Zum fischen echt ein Traum , fürs biggame etwas teuer.

Am Abend sahen wir oft Fischer am Strand bzw Steg , einer erzählte uns das es in der Bucht von bonefish wimmelt , konnte aber leider nie welche ausmachen bzw fangen.

War einmal am Strand von flic en flach und da gab es jede Menge Boote , am besten du fragst dich einfach durch und wichtig , Handeln denn Du bist ein Tourist und die wollen deine Kohle 

Na dann Petri Heil


----------



## mastercraft (5. Februar 2017)

*AW: Mauritius 2017*


----------



## mastercraft (5. Februar 2017)

*AW: Mauritius 2017*


----------



## FalkenFisch (14. März 2017)

*AW: Mauritius 2017*

Aufgrund des vorgelagerten Riffs ist das Angeln direkt vom Ufer aus häufig wenig sinnvoll. In den Lagunen sind zudem meist viele Korallen, die evtl. gehakten Fischen sofort als Zuflucht dienen. Die Einheimischen fangen dort dann Kleinfisch so bis 15 cm mit langen Bambusruten. Gute Chancen hat man dagegen, wenn man sich auf der Außenseite des Riffs positionieren kann. Allerdings ist das erstens nicht einfach und nicht ungefährlich, zweitens ist die Küste dort natürlich Hotel-gepflastert und voller Schnorchler.......

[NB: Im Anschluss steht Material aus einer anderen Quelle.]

-- ===== src/Loop/Shutdown.antt =====
-- What a shutdown of the drain loop stops.
use redis_rate_limiter.Prelude.{ℕ, suc, ◌+◌, ◌-◌, ◌≤◌, ◌≡◌, refl, true, none, List, [], ◌∷◌, arith}
use redis_rate_limiter.Loop.{
  Thread, stopped, looping, watching, draining, Loop, alive, is_sooner, wake, begin_drain,
  check_wake, check, end_watch, advance, Event, wakes, shuts_down, advances, perform, run,
}

-- The drains that a thread at this place may still begin.
abbrev pub may_begin : Thread → ℕ
may_begin watching = 1
may_begin _ = 0

-- A loop that is shut down, and whose drains with those it may still begin are at most `n`.
pub record IsClosing (n : ℕ) (l : Loop) : Type 0 where
  pub closed : l.shutdown ≡ true
  pub few : l.drains + may_begin l.thread ≤ n

may_begin-alive : (thread : Thread) → may_begin (alive thread) ≡ may_begin thread
unfolding alive
may_begin-alive stopped = refl
may_begin-alive looping = refl
may_begin-alive watching = refl
may_begin-alive draining = refl

pub wake-IsClosing : (n now delay : ℕ) (l : Loop) → IsClosing n l → IsClosing n (wake now delay l)
unfolding wake is_sooner
wake-IsClosing n now delay l c = ground (arith, may_begin-alive l.thread)

pub advance-IsClosing :
    (n now : ℕ) (thread : Thread) (l : Loop)
    → l.thread ≡ thread
    → IsClosing n l
    → IsClosing n (advance now thread l)
unfolding advance check check_wake end_watch begin_drain
advance-IsClosing n now stopped l at c = c
advance-IsClosing n now looping l at c = ground arith
advance-IsClosing n now watching l at c = ground arith
advance-IsClosing n now draining l at c = ground arith

pub run-IsClosing :
    (n : ℕ) (events : List Event) (l : Loop) → IsClosing n l → IsClosing n (run events l)
unfolding run perform
run-IsClosing n [] l c = c
run-IsClosing n (wakes now delay ∷ events) l c =
    run-IsClosing n events _ (wake-IsClosing n now delay l c)
run-IsClosing n (shuts_down ∷ events) l c =
    run-IsClosing n events _ (record { closed = refl; few = c.few })
run-IsClosing n (advances now ∷ events) l c =
    run-IsClosing n events _ (advance-IsClosing n now l.thread l refl c)

-- How many steps the thread still takes.
abbrev steps_left : Thread → ℕ
steps_left stopped = 0
steps_left looping = 1
steps_left draining = 2
steps_left watching = 3

stopped_of_none : (thread : Thread) → steps_left thread ≤ 0 → thread ≡ stopped
stopped_of_none stopped h = refl
stopped_of_none looping h = absurd (omega arith)
stopped_of_none draining h = absurd (omega arith)
stopped_of_none watching h = absurd (omega arith)

steps_left-le : (thread : Thread) → steps_left thread ≤ 3
steps_left-le stopped = omega arith
steps_left-le looping = omega arith
steps_left-le draining = omega arith
steps_left-le watching = omega arith

advance_closes :
    (now : ℕ) (thread : Thread) (l : Loop)
    → l.thread ≡ thread
    → l.shutdown ≡ true
    → ((advance now thread l).shutdown ≡ true)
      × (steps_left (advance now thread l).thread ≤ steps_left thread - 1)
unfolding advance check check_wake end_watch begin_drain
advance_closes now stopped l at c = (c, rw at (omega arith))
advance_closes now looping l at c = ground arith
advance_closes now watching l at c = ground arith
advance_closes now draining l at c = ground arith

pub three_stop :
    (a b c : ℕ) (l : Loop)
    → l.shutdown ≡ true
    → (run (advances a ∷ advances b ∷ advances c ∷ []) l).thread ≡ stopped
unfolding run perform
three_stop a b c l closed =
    let m : Loop = advance a l.thread l in
    let k : Loop = advance b m.thread m in
    let (one, first) = advance_closes a l.thread l refl closed in
    let (two, second) = advance_closes b m.thread m refl one in
    let (three, third) = advance_closes c k.thread k refl two in
    stopped_of_none _ (omega (arith, steps_left-le l.thread))

watching_drains :
    (now : ℕ) (l : Loop)
    → l.thread ≡ watching
    → l.next_wake ≡ none
    → (run (shuts_down ∷ advances now ∷ []) l).drains ≡ suc l.drains
unfolding run perform advance end_watch begin_drain
watching_drains now l at none_due = rw (at, none_due) refl

-- A shutdown, and whatever happens after it, calls of wake included: no more drain begins, but for one
-- if the thread was in the watchdog's wait, which begins when that wait ends with no wake-up due; and
-- three more steps of the thread, at any times, end it.
pub run-shutdown :
    (events : List Event) (l : Loop)
    → let closed = run (shuts_down ∷ events) l in
      (closed.drains ≤ l.drains + may_begin l.thread)
      × ((a b c : ℕ) → (run (advances a ∷ advances b ∷ advances c ∷ []) closed).thread ≡ stopped)
      × (l.thread ≡ watching
          → l.next_wake ≡ none
          → (now : ℕ) → (run (shuts_down ∷ advances now ∷ []) l).drains ≡ suc l.drains)
unfolding run perform
run-shutdown events l =
    let start : Loop = perform shuts_down l in
    let c : IsClosing (l.drains + may_begin l.thread) (run events start) =
      run-IsClosing (l.drains + may_begin l.thread) events start
        (record { closed = refl; few = omega arith }) in
    (
      omega (arith, c.few),
      λ x y z. three_stop x y z (run events start) c.closed,
      λ at none_due now. watching_drains now l at none_due,
    )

Boote chartert man definitiv am Besten in Black River - nie am Strand oder im Hotel. Die Charterpreise sind, verglichen mit internationalem Preisgefüge, eher günstig. Ich weis nicht, ob z.B. die Romulus II noch fährt, aber das wäre eine Möglichkeit dort.

Wenn die Cyclons dich verschonen, fängt man dort Bonitos, Wahoos, evtl. auch mal einen Blue Marlin oder mal einen Thun. Aber häufig genug auch einfach nichts.......viel Spaß in der schönen Umgebung wirst Du in jedem Fall haben.


----------